# Data provided:
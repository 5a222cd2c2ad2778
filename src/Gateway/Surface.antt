-- ===== src/Gateway/Surface.antt =====
-- internal/gateway/server.go: `handleCheck`.
use distributed_rate_limiter.Prelude.{false, ◌||◌, Text, bytes, text_eq, if◌then◌else◌}
use distributed_rate_limiter.Prelude.Int.{ℤ}
use distributed_rate_limiter.Decide.{Query, Answer, answered, failed, Parts, Service, decide}
use distributed_rate_limiter.Auth.{Libraries}
use distributed_rate_limiter.Gateway.{
  HttpRequest, Response, Server, resolve_tenant, resolved, unresolved, request_cost, cost_of,
  bad_cost, write_error, write_auth_error, write_decide_error, rate_limit_headers, response_for,
  check_body,
}

-- The query that `handleCheck` makes.
abbrev pub check_query : HttpRequest → Text → ℤ → Query
check_query r t cost = record {
  tenant = t;
  method = r.parameter (bytes "method");
  path = r.parameter (bytes "path");
  cost = cost;
  peek =
      text_eq (r.parameter (bytes "peek")) (bytes "1")
      || text_eq (r.parameter (bytes "peek")) (bytes "true");
  forwarded = false;
}

-- The end of `handleCheck`.
unfoldable pub answer_check : Server → Text → Answer → Response
answer_check s t (failed e p) = write_decide_error s t e
answer_check s t (answered out) = record {
  status = if out.result.allowed then 200 else 429;
  set = rate_limit_headers out.result;
  body = check_body (response_for s t out);
}

module _ {S K : Type 0} (parts : Parts S K) (lib : Libraries) where
  -- `handleCheck`.
  unfoldable pub handle_check : Server → HttpRequest → Service S K → Service S K × Response
  unfolding answer_check
  handle_check s r d = elim (resolve_tenant lib s r) [
    | unresolved e ↦ (d, write_auth_error e)
    | resolved t ↦ elim (request_cost r) [
      | bad_cost ↦ (d, write_error 400 (bytes "bad_cost"))
      | cost_of c ↦ let (d', a) = decide parts (check_query r t c) d in (d', answer_check s t a)
    ]
  ]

# Aim of the task:
Reproduce the listing above exactly, but only from its first line through the line holding "unfoldable pub answer_check"; both of those lines are included.

# Exercise answer:
repository 5a222cd2c2ad2778
filename src/Gateway/Surface.antt
-- ===== src/Gateway/Surface.antt =====
-- internal/gateway/server.go: `handleCheck`.
use distributed_rate_limiter.Prelude.{false, ◌||◌, Text, bytes, text_eq, if◌then◌else◌}
use distributed_rate_limiter.Prelude.Int.{ℤ}
use distributed_rate_limiter.Decide.{Query, Answer, answered, failed, Parts, Service, decide}
use distributed_rate_limiter.Auth.{Libraries}
use distributed_rate_limiter.Gateway.{
  HttpRequest, Response, Server, resolve_tenant, resolved, unresolved, request_cost, cost_of,
  bad_cost, write_error, write_auth_error, write_decide_error, rate_limit_headers, response_for,
  check_body,
}

-- The query that `handleCheck` makes.
abbrev pub check_query : HttpRequest → Text → ℤ → Query
check_query r t cost = record {
  tenant = t;
  method = r.parameter (bytes "method");
  path = r.parameter (bytes "path");
  cost = cost;
  peek =
      text_eq (r.parameter (bytes "peek")) (bytes "1")
      || text_eq (r.parameter (bytes "peek")) (bytes "true");
  forwarded = false;
}

-- The end of `handleCheck`.
unfoldable pub answer_check : Server → Text → Answer → Response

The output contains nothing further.